Captain America's Fictitious, Integrated 1940s America


In the vein of what Ta-Nehisi Coates referred to as a "convenient suspension of disbelief" in X-Men First Class, Captain America: First Avenger dutifully ignores the civil-rights struggles of the 1940s. Well, not exactly -- where X-Men simply didn't mention the civil-rights struggles of the 1960s, Captain America: First Avenger pretends segregation didn't exist in the 1940s.

In the comic books, Gabe Jones, one of Marvel's "Howling Commandos," is the first black soldier to serve in Nick Fury's integrated unit. This rewires American history a bit seeing as though integration didn't begin to take place until President Harry Truman's 1948 executive order, but at least it acknowledges that it is rewriting history. At the time, the Howling Commandos were a clever metaphor for the way the war accelerated the cause of integration -- both for the white ethnics who benefited most directly and for the black service members who inspired American leaders to push for full equality. 

The cinematic version, which places the Howling Commandos under the authority of Captain America, gives an oblique reference to segregation through a shoutout to Jones's attending historically black Howard University but does not otherwise refer to segregation in any way. That's because in the film, segregation doesn't even seem to have happened. White and black soldiers are shown serving together without incident, erasing one of the moral complexities of World War II -- that American service members defeated a murderous racist dictator even as America was upholding a system of racial apartheid at home. It also erases the courage and commitment of World War II's black veterans, who served their country bravely even as it refused to acknowledge their basic, fundamental rights. Instead, institutional racism is reduced to a single remark from one Howling Commando to another -- Jim Morita, who informs Dum Dum Dugan that he is "from Fresno."

Marvel has since attempted to grapple with this aspect of American history in various ways -- most notably by retconning the history so that the first there was another Captain America, a black man named Isaiah Bradley, who is part of Tuskegee-like early experiments with the super-soldier serum that eventually turns Steve Rogers from a 98-pound weakling into Captain America.
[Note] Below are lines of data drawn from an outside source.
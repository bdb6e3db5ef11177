-- ===== src/Commands/Purge.antt =====
-- What `PurgeTerminal` of management/remote_command.go keeps.
use Prim.Native.Nat.{min}
use kplayer_go.Prelude.{
  ℕ, ◌+◌, ◌≤◌, ◌≡◌, refl, Bool, true, false, not, ◌&&◌, List, [], ◌∷◌, arith, Bool-cases, inl, inr,
  ◌⊎◌, ap, eq_iff, ◌∙◌,
}
use mathlib.Core.Path.{subst}
use kplayer_go.Prelude.Int.{pos}
use kplayer_go.Prelude.Lists.{
  length, count, any, select, All, All-mono, All-select, All-both, count-split, length-select,
}
use kplayer_go.Model.{Data, RemoteCommand}
use kplayer_go.Result.{commit}
use kplayer_go.Ordering.Newest.{EachOnce, among, count-among, newest_rank}
use kplayer_go.Collection.Laws.{All-passes}
use kplayer_go.Commands.{is_terminal, command_id, terminals, recent, stale, purge_terminal}

abbrev pub ends : RemoteCommand → Bool
ends c = is_terminal c.status

-- Commands with one id.
abbrev pub same_command : RemoteCommand → RemoteCommand → Bool
same_command a b = command_id a.id b

same_command_refl : (c : RemoteCommand) → same_command c c ≡ true
same_command_refl c = ground (arith, eq_iff c.id c.id)

-- Every id occurs once among the terminal commands.
abbrev pub OwnIds : List RemoteCommand → Type 0
OwnIds cs = EachOnce same_command (terminals cs)

count-select-and :
    (p q : RemoteCommand → Bool) (cs : List RemoteCommand)
    → count p (select q cs) ≡ count (λ c. q c && p c) cs
count-select-and p q [] = refl
count-select-and p q (c ∷ cs) = ground (arith, count-select-and p q cs)

-- What is left of the open and of the terminal commands.
kept_open :
    (s : RemoteCommand → Bool) (cs : List RemoteCommand)
    → select (λ c. not (ends c)) (select (λ c. not (ends c && s c)) cs)
      ≡ select (λ c. not (ends c)) cs
kept_open s [] = refl
kept_open s (c ∷ cs) = ground (arith, kept_open s cs)

kept_terminal :
    (s : RemoteCommand → Bool) (cs : List RemoteCommand)
    → count ends (select (λ c. not (ends c && not (s c))) cs) ≡ count s (terminals cs)
kept_terminal s [] = refl
kept_terminal s (c ∷ cs) = ground (arith, kept_terminal s cs)

-- A purge that changes the queue keeps all open commands as they are and as many terminal ones as
-- it was asked to, or all there are, and reports how many it removed, if no two terminal commands share
-- an id.
purge_terminal-counts :
    (n removed : ℕ) (d e : Data)
    → OwnIds d.remote_commands
    → purge_terminal (pos n) d ≡ commit e removed
    → ((kept : RemoteCommand → Bool) × (e.remote_commands ≡ select kept d.remote_commands))
      × (select (λ c. not (ends c)) e.remote_commands
          ≡ select (λ c. not (ends c)) d.remote_commands)
      × (count ends e.remote_commands ≡ min n (count ends d.remote_commands))
      × (removed + length e.remote_commands ≡ length d.remote_commands)
unfolding purge_terminal
purge_terminal-counts n removed d e own h =
    let cs = d.remote_commands in
    let s = among same_command (recent n cs) in
    let left = select (λ c. not (stale n cs c)) cs in
    let same : record d { remote_commands = left } ≡ e = ground (arith, h) in
    let n_removed : count (stale n cs) cs ≡ removed = ground (arith, h) in
    let counted : removed + length left ≡ length cs =
      omega (
        arith,
        n_removed,
        count-split (stale n cs) cs,
        length-select (λ c. not (stale n cs c)) cs,
      ) in
    subst
      (λ (x : Data).
        ((kept : RemoteCommand → Bool) × (x.remote_commands ≡ select kept cs))
        × (select (λ c. not (ends c)) x.remote_commands ≡ select (λ c. not (ends c)) cs)
        × (count ends x.remote_commands ≡ min n (count ends cs))
        × (removed + length x.remote_commands ≡ length cs))
      same
      (
        (λ c. not (stale n cs c), refl),
        kept_open (λ c. not (s c)) cs,
        kept_terminal s cs
            ∙ count-among (λ (c : RemoteCommand). c.created_at) (λ c. c.id) same_command
                same_command_refl n (terminals cs) own
            ∙ ap (min n) (length-select ends cs),
        counted,
      )

-- What passes a test is selected, by its id.
select-has :
    (p : RemoteCommand → Bool) (cs : List RemoteCommand)
    → All (λ c. (p c ≡ false) ⊎ (any (command_id c.id) (select p cs) ≡ true)) cs
select-has p [] = tt
select-has p (c ∷ cs) = (
  elim (Bool-cases (p c)) [ inl e ↦ inr (ground (arith, e, eq_iff c.id c.id)) | inr e ↦ inl e ],
  All-mono _ _ (λ x h. ground (arith, h)) cs (select-has p cs),
)

select-select_comm :
    (p q : RemoteCommand → Bool) (cs : List RemoteCommand)
    → select q (select p cs) ≡ select p (select q cs)
select-select_comm p q [] = refl
select-select_comm p q (c ∷ cs) = ground (arith, select-select_comm p q cs)

All-thin {κ} :
    (P : RemoteCommand → Type κ) (p q : RemoteCommand → Bool) (cs : List RemoteCommand)
    → All P (select p cs)
    → All P (select p (select q cs))
All-thin P p q cs h = subst (All P) (select-select_comm p q cs) (All-select P q (select p cs) h)

rank_le : {a b : ℕ} (x y : Bool) → (x ≡ false) ⊎ (y ≡ true) ⊎ (a ≤ b) → x ≡ true → y ≡ false → a ≤ b
rank_le x y (inl p) h k = absurd (ground (arith, p, h))
rank_le x y (inr (inl p)) h k = absurd (ground (arith, p, k))
rank_le x y (inr (inr le)) h k = le

-- A purge that changes the queue keeps the newest: every terminal command is still in the queue, by
-- its id, or is no newer than any terminal command that is, if no two of them share an id.
purge_terminal-newest :
    (n removed : ℕ) (d e : Data)
    → OwnIds d.remote_commands
    → purge_terminal (pos n) d ≡ commit e removed
    → All
        (λ c.
          (any (command_id c.id) e.remote_commands ≡ true)
          ⊎ All (λ k. c.created_at ≤ k.created_at) (terminals e.remote_commands))
        (terminals d.remote_commands)
unfolding purge_terminal
purge_terminal-newest n removed d e own h =
    let cs = d.remote_commands in
    let s = among same_command (recent n cs) in
    let stays = λ (c : RemoteCommand). not (ends c && not (s c)) in
    let left = select stays cs in
    let same : record d { remote_commands = left } ≡ e = ground (arith, h) in
    let by_time = λ (c : RemoteCommand). c.created_at in
    let rank =
      newest_rank by_time (λ c. c.id) same_command same_command_refl n (terminals cs) own in
    let kept : All (λ k. s k ≡ true) (terminals left) =
      All-both _ _ _ (λ k x y. ground (arith, x, y)) (terminals left) (All-passes ends left)
        (All-select _ ends left (All-passes stays cs)) in
    subst
      (λ (x : Data).
        All
          (λ c.
            (any (command_id c.id) x.remote_commands ≡ true)
            ⊎ All (λ k. c.created_at ≤ k.created_at) (terminals x.remote_commands))
          (terminals cs))
      same
      (All-both _ _ _
        (λ c has ranked. elim has [
          | inr there ↦ inl there
          | inl gone ↦ inr (
              All-both _ _ _ (λ k among_k r. rank_le (s k) (s c) r among_k (ground (arith, gone)))
                (terminals left) kept (All-thin _ ends stays cs ranked))
        ])
        (terminals cs) (All-select _ ends cs (select-has stays cs)) rank)

-- A purge that changes the queue only takes commands out: what is left are commands that were
-- there, unaltered and in their order. All open commands are left, and as many terminal ones as it
-- was asked to keep, or all there are; it reports how many it removed, and removes none that is
-- newer than one it keeps: every terminal command is still in the queue, by its id, or is no newer than any
-- terminal command that is, if no two terminal commands share an id.
pub purge_terminal-keeps :
    (n removed : ℕ) (d e : Data)
    → OwnIds d.remote_commands
    → purge_terminal (pos n) d ≡ commit e removed
    → (((kept : RemoteCommand → Bool) × (e.remote_commands ≡ select kept d.remote_commands))
        × (select (λ c. not (ends c)) e.remote_commands
            ≡ select (λ c. not (ends c)) d.remote_commands)
        × (count ends e.remote_commands ≡ min n (count ends d.remote_commands))
        × (removed + length e.remote_commands ≡ length d.remote_commands))
      × All
          (λ c.
            (any (command_id c.id) e.remote_commands ≡ true)
            ⊎ All (λ k. c.created_at ≤ k.created_at) (terminals e.remote_commands))
          (terminals d.remote_commands)
purge_terminal-keeps n removed d e own h =
    (purge_terminal-counts n removed d e own h, purge_terminal-newest n removed d e own h)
The film was enjoyable otherwise, but it's a shame that the film dodges the issue of race almost entirely, particularly since Marvel itself has done a rather admirable job of confronting it within the source material. 

(National Archives)

UPDATE: Yes, I get that Captain America isn't supposed to be a documentary. But it's a period piece. If Howard Stark drove up in a Prius eating some Sun Chips people would be irritated. What parts of history omitted from a work of historical fiction says something about the piece. Unlike the scfi-fi weapons and a guy in a crazy costume beating the tar out of Nazis with a flag shield, feel good faux integration isn't implicit in the genre.

UPDATE: I got the chronology on Bradley wrong--the experiment he's involved in is part of an effort to replicate the serum after Cap is created, he isn't the first successful American experiment with the serum.